Dalton é representado pela Sé Galeria, de São Paulo, onde expôs pela primeira vez em 2014. O divisor de águas em sua carreira ocorreu em 2016, ano em que foi convidado a participar da Bienal de São Paulo e teve todas as suas obras vendidas na SP- Arte (principal feira brasileira da área).
“Foi como se tivesse uma voz me perguntando: ‘o que você quer mais para que a gente te prove que o seu caminho é esse’?”, relembra o artista, que pôde, então, abdicar de suas funções como bombeiro. Em 2018, ele integraria ainda a 11ª Bienal do Mercosul e a grande exposição Histórias Afro-Atlânticas, do Masp, com duas obras que hoje estão no acervo do museu – Zeferina e João de Deus Nascimento.
Com o êxito conquistado desde então, Dalton passou a ser representado também por uma galeria internacional, a Alexander and Bonin, de Nova York, onde estava com uma exposição em cartaz até o mês de outubro. As obras exibidas na mostra, entretanto, já haviam sido vendidas antes mesmo de sua inauguração: ao chegar à cidade americana, em fevereiro, curadores e colecionadores já entravam em contato com a galeria manifestando interesse pelos retratos de Dalton, que ainda estavam em fase de produção.

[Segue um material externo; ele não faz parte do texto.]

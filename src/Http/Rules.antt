-- ===== src/Http/Rules.antt =====
-- What holds of a handler's answer and of the state behind it: one rule for each kind of step.
use liviq.Base.{
  ℕ, ◌≡◌, ◌⊎◌, refl, inl, inr, Bool, true, false, Option, none, some, Text, if◌then◌else◌,
}
use liviq.Http.{Reply, ok, refused, Action, pure, refuse_if, or_refuse, gets, modify, ◌>>=◌, ◌>>◌}

module _ {κ} {S B : Type 0} (R : Reply B × S → Type κ) where
  pub pure_rule : (b : B) (s : S) → R (ok b, s) → R (pure b s)
  unfolding pure
  pure_rule b s h = h

  pub modify_rule : (f : S → S) (k : Action S B) (s : S) → R (k (f s)) → R ((modify f >> k) s)
  unfolding ◌>>=◌ modify
  modify_rule f k s h = h

  pub gets_rule :
      {A : Type 0} (f : S → A) (k : A → Action S B) (s : S) → R (k (f s) s) → R ((gets f >>= k) s)
  unfolding ◌>>=◌ gets
  gets_rule f k s h = h

  pub refuse_if_rule :
      (b : Bool) (status_code : ℕ) (detail : Text) (k : Action S B) (s : S)
      → R (refused status_code detail, s)
      → (b ≡ false → R (k s))
      → R ((refuse_if b status_code detail >> k) s)
  unfolding ◌>>=◌ refuse_if
  refuse_if_rule true c d k s h next = h
  refuse_if_rule false c d k s h next = next refl

  pub if_rule :
      (b : Bool) (m k : Action S B) (s : S)
      → (b ≡ true → R (m s))
      → (b ≡ false → R (k s))
      → R ((if b then m else k) s)
  if_rule true m k s h g = h refl
  if_rule false m k s h g = g refl

  pub or_refuse_rule :
      {A : Type 0} (o : Option A) (status_code : ℕ) (detail : Text) (k : A → Action S B) (s : S)
      → R (refused status_code detail, s)
      → ((a : A) → o ≡ some a → R (k a s))
      → R ((or_refuse o status_code detail >>= k) s)
  unfolding ◌>>=◌ or_refuse
  or_refuse_rule none c d k s h next = h
  or_refuse_rule (some a) c d k s h next = next a refl

  -- An action that changes nothing, whose answer is known where it gives one.
  pub reads_rule :
      {A : Type 0} (P : A → Type 0) (m : Action S A) (k : A → Action S B) (s : S)
      → ((c : ℕ) × (d : Text) × (m s ≡ (refused c d, s))) ⊎ ((a : A) × (m s ≡ (ok a, s)) × P a)
      → ((c : ℕ) (d : Text) → R (refused c d, s))
      → ((a : A) → P a → R (k a s))
      → R ((m >>= k) s)
  unfolding ◌>>=◌
  reads_rule P m k s (inl (c, d, e)) h next = rw (◌>>=◌, e) (rw e (h c d))
  reads_rule P m k s (inr (a, e, p)) h next = rw (◌>>=◌, e) (rw e (next a p))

Em meio a isso tudo, o artista precisou lidar com a notícia do avanço do coronavírus pelo mundo. “Muitos brasileiros foram retornando ao Brasil, perguntavam se eu não voltaria, mas eu sabia muito bem o que tinha ido fazer lá. Não queria perder aquela oportunidade e até comentei com a minha galerista que eu estava sentindo que algo muito legal aconteceria”, relata Dalton.

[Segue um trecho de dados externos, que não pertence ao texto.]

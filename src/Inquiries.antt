-- ===== src/Inquiries.antt =====
-- apps/api/app/routers/inquiries.py: a resident's inquiry, from its receipt to its completion. The
-- tables are lists of rows, in the order of insertion; an id is its canonical text.
pub mod Handlers
pub mod Timeline
pub mod Changes
pub mod Moves
pub mod Requests
pub mod Events
pub mod Tracked
pub mod Reach
pub mod Reads
pub mod Views
use liviq.Base.{
  ℕ, ◌+◌, Bool, true, false, ◌&&◌, not, Option, none, some, List, [], ◌∷◌, ◌++◌, map, filter, any,
  length, if◌then◌else◌, Text, codes, text_eq,
}
use liviq.Http.{Action, or_refuse, refuse_if}

pub data InquiryStatus : Type 0 where
  received assigned in_progress done reopened : InquiryStatus

pub data Priority : Type 0 where
  urgent normal low : Priority

pub record Inquiry : Type 0 where
  pub id : Text
  pub tenant_id : Text
  pub household_id : Text
  pub author_user_id : Text
  pub category_code_id : Option Text
  pub title : Text
  pub body : Text
  pub priority : Option Priority
  pub status : InquiryStatus
  pub assignee_user_id : Option Text
  pub facility_id : Option Text
  -- whether `deleted_at` is set
  pub deleted : Bool
  pub created_at : ℕ

pub data CommentKind : Type 0 where
  feedback reply : CommentKind

-- The type of an event with its payload.
pub data EventBody : Type 0 where
  created : EventBody
  assigned_to : (assignee_user_id : Text) → EventBody
  comment : (kind : CommentKind) → (body : Text) → EventBody
  status_changed : (previous next : InquiryStatus) → EventBody
  facility_linked : (facility : Option (Text × Text)) → EventBody

pub record InquiryEvent : Type 0 where
  pub tenant_id : Text
  pub inquiry_id : Text
  pub actor_user_id : Option Text
  pub body : EventBody

pub record Notification : Type 0 where
  pub tenant_id : Text
  pub user_id : Text
  pub title : Text
  pub link : Text

pub record User : Type 0 where
  pub id : Text
  pub tenant_id : Text
  pub household_id : Option Text

pub record UserRole : Type 0 where
  pub tenant_id : Text
  pub user_id : Text
  pub role : Text

pub record Code : Type 0 where
  pub id : Text
  pub tenant_id : Text
  pub group_id : Text
  pub label : Text
  pub active : Bool
  pub sort_order : ℕ

pub record CodeGroup : Type 0 where
  pub id : Text
  pub tenant_id : Text
  pub group_key : Text

pub record Facility : Type 0 where
  pub id : Text
  pub tenant_id : Text
  pub code : Option Text
  pub name : Text
  pub deleted : Bool

pub record Db : Type 0 where
  pub inquiries : List Inquiry
  pub events : List InquiryEvent
  pub notifications : List Notification
  pub users : List User
  pub user_roles : List UserRole
  pub code_rows : List Code
  pub code_groups : List CodeGroup
  pub facilities : List Facility

pub record InquiryOut : Type 0 where
  pub id : Text
  pub title : Text
  pub body : Text
  pub status : InquiryStatus
  pub priority : Option Priority
  pub category_code_id : Option Text
  pub assignee_user_id : Option Text
  pub author_user_id : Text
  pub facility_id : Option Text
  pub facility_name : Option Text
  pub created_at : ℕ

-- `session.scalar(select(…).where(…))`
abbrev pub first : {A : Type 0} → (A → Bool) → List A → Option A
first p [] = none
first p (x ∷ xs) = if p x then some x else first p xs

abbrev pub is_received : InquiryStatus → Bool
is_received received = true
is_received _ = false

abbrev pub is_assigned : InquiryStatus → Bool
is_assigned assigned = true
is_assigned _ = false

abbrev pub is_done : InquiryStatus → Bool
is_done done = true
is_done _ = false

-- `status in ("in_progress", "reopened")`
abbrev pub is_running : InquiryStatus → Bool
is_running in_progress = true
is_running reopened = true
is_running _ = false

-- `x == y` for an optional id and an id
abbrev pub is_id : Option Text → Text → Bool
is_id none y = false
is_id (some x) y = text_eq x y

unfoldable pub inquiry_out : Inquiry → Option Text → InquiryOut
inquiry_out i facility_name = record {
  id = i.id;
  title = i.title;
  body = i.body;
  status = i.status;
  priority = i.priority;
  category_code_id = i.category_code_id;
  assignee_user_id = i.assignee_user_id;
  author_user_id = i.author_user_id;
  facility_id = i.facility_id;
  facility_name = facility_name;
  created_at = i.created_at;
}

-- The change of a row that is written back at the flush.
abbrev pub put_row : Inquiry → Inquiry → Inquiry
put_row i q = if text_eq q.id i.id then i else q

abbrev pub put_inquiry : Inquiry → Db → Db
put_inquiry i s = record s { inquiries = map (put_row i) s.inquiries }

abbrev pub add_event : Inquiry → Option Text → EventBody → Db → Db
add_event i actor_user_id body s = record s {
  events =
      s.events
      ++ (record {
        tenant_id = i.tenant_id;
        inquiry_id = i.id;
        actor_user_id = actor_user_id;
        body = body;
      }
          ∷ []);
}

abbrev pub notify_author : Inquiry → Text → Db → Db
notify_author i title s = record s {
  notifications =
      s.notifications
      ++ (record {
        tenant_id = i.tenant_id;
        user_id = i.author_user_id;
        title = title;
        link = codes "/inquiries/" ++ i.id;
      }
          ∷ []);
}

-- None where nobody is assigned
abbrev pub assignee_notes : Inquiry → Text → List Notification
assignee_notes i title = elim i.assignee_user_id [
  | none ↦ []
  | some assignee ↦
      record {
        tenant_id = i.tenant_id;
        user_id = assignee;
        title = title;
        link = codes "/admin/inquiries/" ++ i.id;
      }
      ∷ []
]

abbrev pub notify_assignee : Inquiry → Text → Db → Db
notify_assignee i title s = record s { notifications = s.notifications ++ assignee_notes i title }

-- The condition of `_get_inquiry`
unfoldable pub is_open : Text → Text → Inquiry → Bool
is_open tenant_id inquiry_id i =
    text_eq i.id inquiry_id && (text_eq i.tenant_id tenant_id && not i.deleted)

-- `_get_inquiry`
unfoldable pub find_inquiry : Text → Text → Action Db Inquiry
unfolding or_refuse
find_inquiry tenant_id inquiry_id s =
    or_refuse (first (is_open tenant_id inquiry_id) s.inquiries) 404 (codes "민원을 찾을 수 없음") s

abbrev pub guard_not_done : Inquiry → Action Db (Unit {0})
guard_not_done i = refuse_if (is_done i.status) 422 (codes "완료된 민원은 수정할 수 없음")

abbrev pub is_reply : EventBody → Bool
is_reply (comment reply body) = true
is_reply _ = false

-- Whether an event is one of an inquiry's timeline.
abbrev pub is_event_of : Inquiry → InquiryEvent → Bool
is_event_of i e = text_eq e.tenant_id i.tenant_id && text_eq e.inquiry_id i.id

-- `_reply_count`
unfoldable pub reply_count : Inquiry → List InquiryEvent → ℕ
reply_count i events = length (filter (λ e. is_event_of i e && is_reply e.body) events)

-- code_refs.py
unfoldable pub is_category_code : Text → Text → Text → Db → Bool
is_category_code tenant_id code_id group_key s =
    any
      (λ c.
        (text_eq c.id code_id && text_eq c.tenant_id tenant_id)
        && any
            (λ g.
              (text_eq c.group_id g.id && text_eq c.tenant_id g.tenant_id)
              && text_eq g.group_key group_key)
            s.code_groups)
      s.code_rows

abbrev pub validate_category_code : Text → Text → Text → Action Db (Unit {0})
validate_category_code tenant_id code_id group_key s =
    refuse_if (not (is_category_code tenant_id code_id group_key s)) 422
      (group_key ++ codes " 그룹의 코드가 아님") s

Sua aposta foi certeira: entre os interessados por suas obras, estavam colecionadores do board do MoMA, que compravam, por exemplo, dois trabalhos e doavam um para a instituição. “Nem conseguia acreditar; minha galerista dizia: nada mal, isso não é muito fácil de acontecer na primeira exposição”. Retratos de nomes como alufá Rufino (ex-escravizado que teve sua história contada em livro), Zacimba Gaba (princesa angolana escravizada que lutou por seu povo) e Zumbi dos Palmares figuram agora no acervo do museu.
Conquista de espaço
Dalton avalia que a pressão exercida pelos movimentos sociais possibilitou que os espaços institucionais passassem a valorizar mais, nos últimos tempos, o tema da diversidade. “Há 20, 30 anos, não se tinha o número de artistas e curadores negros que se tem hoje nesses lugares”, comenta. O artista, no entanto, considera que, embora seja um caminho inevitável, essa conquista demanda ainda um trabalho árduo, pois a “cordialidade em abrir as portas” não é por mera “generosidade” das instituições, mas fruto de intensa reivindicação.
As informações são do jornal O Estado de S. Paulo.